Introduction to Machine Learning¶
Introduction¶
Machine learning is a field of mathematics focused on developing software that solve problems by learning from experience. The main idea behind machine learning is to develop algorithms that mimic the reasoning capability of learning through examples. As explained, in the introduction to operations research, artificial intelligence gathers a set of mathematical tools that allow to solve problems that intelligent beings are able to solve intuitively, but that are a priori complex to solve computationally. One of the most relevant fields of artificial intelligence is machine learning, which focuses on how to solve problems that cannot be precisely specified, or whose solution method cannot be described by symbolic reasoning rules, by using available data.
As shown in this unit, machine learning provides tools to reduce problems for which there is no formal mathematical model to an optimization problem through data. Note that this is an important change of paradigm to previous problem-solving approaches, as the starting point is available data, not a mathematical model of the problem.
Let us look illustrate how we have been approaching problem-solving until now with the following figure:
Based on the knowledge of the problem at hand and based on a set of assumptions, so far we have developed a mathematical model of a decision problem as an optimization problem subject to a set of constraints, and use data to set up the coefficients of the model based on the environment framing the decision-making problem. The solution to the problem provided the values of the objective variable and the decision variables.
However, the approach in machine learning is radically different:
Now, what we do is use a flexible mathematical model, or swiss-knife type of mathematical model, which is in a nutshell any mathematical model which has enough degrees of freedom to model a wide set of problems. For now, we can just assume that we will use models with coefficients that are not defined a priori, and that there are enough of such coefficients to allow it to model many problems. Now, Training consists in finding the parameters of the model that provide the best mapping between input data and output data, given a set of examples, or training data. With these parameters, the machine learning model agrees with the experienced results described in the training data. Out of all possible values for the parameters, the optimal parameters minimize an error function between the solutions obtained with the model and the solutions available in the training data.
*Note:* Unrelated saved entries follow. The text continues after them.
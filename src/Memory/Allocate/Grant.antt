-- ===== src/Memory/Allocate/Grant.antt =====
-- What `allocate` gives where a free extent is long enough.
use xivix.Base.{
  ℕ, ◌+◌, ◌*◌, ◌%◌, ◌≤◌, ◌<◌, ◌≡◌, refl, ap, true, false, ◌==◌, some, leb, length, arith, ◌≢◌,
  Bool-cases, Option-cases, inl, inr, ◌∙◌,
}
use xivix.Memory.{PageAllocator, extent_at, set_extent, find_free_extent, find_type_extent}
use xivix.Memory.Cover.{
  cover, of_kind, cover_sum-only, find_extent-some, find_extent-none, used_inside,
}
use xivix.Memory.Table.{Fits, IsExtent, empties}
use xivix.Memory.Replace.{Holds, over}
use xivix.Memory.Set.{IsTable, owners, set_extent-owners, set_extent-IsTable, set_extent-Placed}
use xivix.Memory.Allocate.{Part, Request, take_free, serves, within, allocate_free, allocate}

-- The `l` pages at `mm` were free and are of the kind `f`, and no other page changed its owner. The table uses at most
-- two more entries.
pub record Granted (l f : ℕ) (s : PageAllocator) (mm : ℕ) (s' : PageAllocator) : Type 0 where
  pub free : (a : ℕ) → mm ≤ a → a < mm + l * 0x1000 → owners 5 a s ≡ 1
  pub owned : (g a : ℕ) → owners g a s' ≡ over mm l a (of_kind g f) (owners g a s)
  pub table : IsTable s'
  pub left : empties s.extents ≤ empties s'.extents + 2
  pub place : (mm % 0x1000 ≡ 0) × (mm + l * 0x1000 < 0x1_0000_0000)

module _ (l f : ℕ) (s : PageAllocator) (table : IsTable s) (room : 1 < empties s.extents)
    (pos : 0 < l) (kind : f ≢ 0) (known : f < 10) where
  -- The entry `i` is a free extent of `l` pages or more.
  abbrev Serves : ℕ → Type 0
  Serves i = ((extent_at s i).flags ≡ 5) × (l ≤ (extent_at s i).length)

  module _ (i : ℕ) (ok : Serves i) where
    inside : i < length s.extents
    inside = used_inside s.extents i (ground (arith, ok))

    fits : Fits (extent_at s i)
    fits = (table.valid i inside).1 (ground (arith, ok))

    holds : Holds (extent_at s i).base l (extent_at s i)
    holds = (ground (arith, ok), omega arith, ground (arith, ok))

    set_extent-Granted : Granted l f s (extent_at s i).base (set_extent (extent_at s i).base l f s)
    unfolding owners cover
    set_extent-Granted =
        let mm = (extent_at s i).base in
        let new : IsExtent (record { flags = f; base = mm; length = l }) =
          ground (arith, fits, ok, known) in
        record {
          free = λ a h k.
              cover_sum-only (of_kind 5) a s.extents i refl (table.disjoint a) inside
                (ground (arith, ok))
              ∙ ground (arith, ok);
          owned = λ g a. set_extent-owners mm l f g a s table room new kind (inl (i, holds));
          table = set_extent-IsTable mm l f s table room new kind (inl (i, holds));
          left =
              (set_extent-Placed mm l f s table.valid table.disjoint new kind room
                (inl (i, holds))).left;
          place = ground (arith, fits, ok);
        }

    found_free : (j : ℕ) × (find_type_extent l 5 s.extents ≡ some j) × Serves j
    unfolding find_type_extent
    found_free = elim (Option-cases (find_type_extent l 5 s.extents)) [
      | inl missed ↦ absurd (ground (arith, ok, find_extent-none _ s.extents i missed inside))
      | inr (j, found) ↦
          let hit = find_extent-some _ s.extents j found in
          (j, found, (ground (arith, hit.1), ground (arith, hit.1)))
    ]

-- `take_free` from a free extent that is long enough, where `ifree` may have been another one.
module _ (l f : ℕ) (s : PageAllocator) (table : IsTable s) (room : 1 < empties s.extents)
    (pos : 0 < l) (kind : f ≢ 0) (known : f < 10) where
  take_free-Granted :
      (j : ℕ)
      → Serves l f s table room pos kind known j
      → let r = take_free l f (record s { ifree = j }) in Granted l f s r.0 r.1
  unfolding take_free owners
  take_free-Granted j ok =
      let s' : PageAllocator = record s { ifree = j } in
      let table' : IsTable s' = record {
        size = table.size;
        valid = table.valid;
        disjoint = table.disjoint;
      } in
      let g = set_extent-Granted l f s' table' room pos kind known j ok in
      record { free = g.free; owned = g.owned; table = g.table; left = g.left; place = g.place }

  module _ (i : ℕ) (ok : Serves l f s table room pos kind known i) where
    found_lem :
        (j : ℕ) × (find_free_extent l s ≡ record s { ifree = j })
        × Serves l f s table room pos kind known j
    unfolding find_free_extent
    found_lem =
        let found = found_free l f s table room pos kind known i ok in
        (found.0, rw found.1 refl, found.2)

-- What `allocate` gives where it does not ask for more memory.
pub record Served {S : Type 0} (p : Part S) (l f : ℕ) (s : S) (r : ℕ × S) : Type 0 where
  pub mm : ℕ
  pub after : PageAllocator
  pub result : r ≡ (mm, p.put after s)
  pub granted : Granted l f (p.get s) mm after

module _ {S : Type 0} (p : Part S) (l f : ℕ) (s : S) (table : IsTable (p.get s))
    (room : 1 < empties (p.get s).extents) (pos : 0 < l) (kind : f ≢ 0) (known : f < 10)
    (request : Request S) (i : ℕ) (ok : Serves l f (p.get s) table room pos kind known i) where
  taken-Served :
      (j : ℕ) (r : ℕ × S)
      → Serves l f (p.get s) table room pos kind known j
      → r ≡ within p s (take_free l f (record (p.get s) { ifree = j }))
      → Served p l f s r
  taken-Served j r ok_j e =
      let t = take_free l f (record (p.get s) { ifree = j }) in
      record {
        mm = t.0;
        after = t.1;
        result = e;
        granted = take_free-Granted l f (p.get s) table room pos kind known j ok_j;
      }

  again : (a : PageAllocator) (t : ℕ × PageAllocator) → within p (p.put a s) t ≡ within p s t
  again a t = ap (λ x. (t.0, x)) (p.put_put t.1 a s)

  -- `allocate_free` from the table with another `ifree`, where that is of free memory.
  allocate_free-Served :
      (k : ℕ)
      → (extent_at (p.get s) k).flags ≡ 5
      → Served p l f s (allocate_free p request l f (p.put (record (p.get s) { ifree = k }) s))
  unfolding allocate_free find_free_extent
  allocate_free-Served k free =
      let a : PageAllocator = record (p.get s) { ifree = k } in
      elim (Bool-cases (leb l (extent_at (p.get s) k).length)) [
        | inl long ↦
            taken-Served k (allocate_free p request l f (p.put a s)) (free, ground (arith, long))
              (rw (p.get_put a s, long) (again a (take_free l f a)))
        | inr short ↦
            let found = found_free l f (p.get s) table room pos kind known i ok in
            let b : PageAllocator = record (p.get s) { ifree = found.0 } in
            let serves_b : serves l b ≡ true = ground (arith, found.2) in
            taken-Served found.0 (allocate_free p request l f (p.put a s)) found.2
              (rw (p.get_put a s, short, found.1, serves_b) (again a (take_free l f b)))
      ]

  ready-Served :
      ((extent_at (p.get s) (p.get s).ifree).flags == 5) ≡ true
      → Served p l f s (allocate p request l f s)
  unfolding allocate
  ready-Served ready =
      rw (ready, ready) (allocate_free-Served (p.get s).ifree (ground (arith, ready)))

  stale-Served :
      ((extent_at (p.get s) (p.get s).ifree).flags == 5) ≡ false
      → Served p l f s (allocate p request l f s)
  unfolding allocate
  stale-Served stale =
      let (j, found, ok_j) = found_lem l f (p.get s) table room pos kind known i ok in
      let free_j : ((extent_at (p.get s) j).flags == 5) ≡ true = ground (arith, ok_j) in
      rw (stale, found, free_j) (allocate_free-Served j (ground (arith, ok_j)))

-- Where some free extent has `l` pages or more, `allocate` gives `l` pages that were free, for the use
-- `f` alone, changes the owner of no other page, leaves a table without overlaps with at most two more entries in
-- use, and changes nothing of the state around the table. The table is one of extents below 4 GB without overlaps
-- and with two empty entries, `l` is not 0, and `f` is a kind. The memory that it could ask for does not matter.
pub allocate-Granted :
    {S : Type 0} (p : Part S) (l f : ℕ) (s : S) (request : Request S) (i : ℕ)
    → IsTable (p.get s)
    → 1 < empties (p.get s).extents
    → 0 < l
    → f ≢ 0
    → f < 10
    → (extent_at (p.get s) i).flags ≡ 5
    → l ≤ (extent_at (p.get s) i).length
    → Served p l f s (allocate p request l f s)
allocate-Granted p l f s request i table room pos kind known free long =
    elim (Bool-cases ((extent_at (p.get s) (p.get s).ifree).flags == 5)) [
      | inl ready ↦ ready-Served p l f s table room pos kind known request i (free, long) ready
      | inr stale ↦ stale-Served p l f s table room pos kind known request i (free, long) stale
    ]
This way, learning is reduced to a minimization problem. There are many machine learning approaches, but in most cases, learning is reduced to a minimization problem and gradient descent methods are behind most machine learning algorithms.
Core learning tasks¶
This section describes the core learning tasks, which is how we refer to the types of problems that are normally solved with machine learning. Before we go into the details of each individual learning task, bear in mind that the common denominator is that these are tasks that humans and other type of intelligence beings perform naturally and intuitively, but that do not have a closed mathematical form.
Prediction¶
Learn the behaviour of a variable with time, to make predictions about future trends or events. The variable can be quantitative (e.g. predict the value of a market stock based on a historic dataset) or categorical (e.g. predict the time to failure of a machine)
Classification and clustering¶
Learn to classify input data into known categories (classification) or unknown categories (clustering) based on the features available in the training data. For instance, classify images of cells into tumorous or healthy (classification), or learn the different types of customers from collected data.
Generation¶
Learn to generate data with the same characteristics of a set of examples. For instance, learn to translate text into a language, or generate videos from images.
Optimization¶
Learn to solve complex optimization problems, either combinatorial optimization problems (e.g. play chess or Go) or convex optimization (drone navigation control) which are very difficult to model and solve with other techniques.
Types of machine learning techniques¶
There are three main categories of machine learning techniques:
Supervised learning: In supervised learning, training data contains the outputs of the model, that is, it contains examples of the expected output of the model once it is trained. We refer to the outputs as dependent variables and the inputs as the independent variables. The common terminology establishes that training data is labelled with the dependent variables. That is, each training data sample is associated with the corresponding output obtained when collecting the training data. Supervised learning is applied to prediction, classification, and generation problems.
Unsupervised learning: In unsupervised learning on the other hand, the objective is to learn hidden features of the available data. That is, the output is not explicitly found in the training data, but rather, it is implied and the objective is to learn it from the training data set. Unsupervised learning is used to solve clustering problems, as well as other types of problems like anomaly detection, or subtasks (tasks needed to solve a learning task) like dimensionality (determine how to use the input data).
Reinforcement learning: Reinforcement learning is a different type of machine learning technique based on a reward system. A reinforcement learning agent is a mathematical model of a real world agent performing different actions. Similarly, the environment is modeled as a state machine with a numerable number of possible states. Every action of the agent results in a change of the environment to a given state. For each state, there is an associated reward, and during training, the data is configured to maximize the overall reward obtained.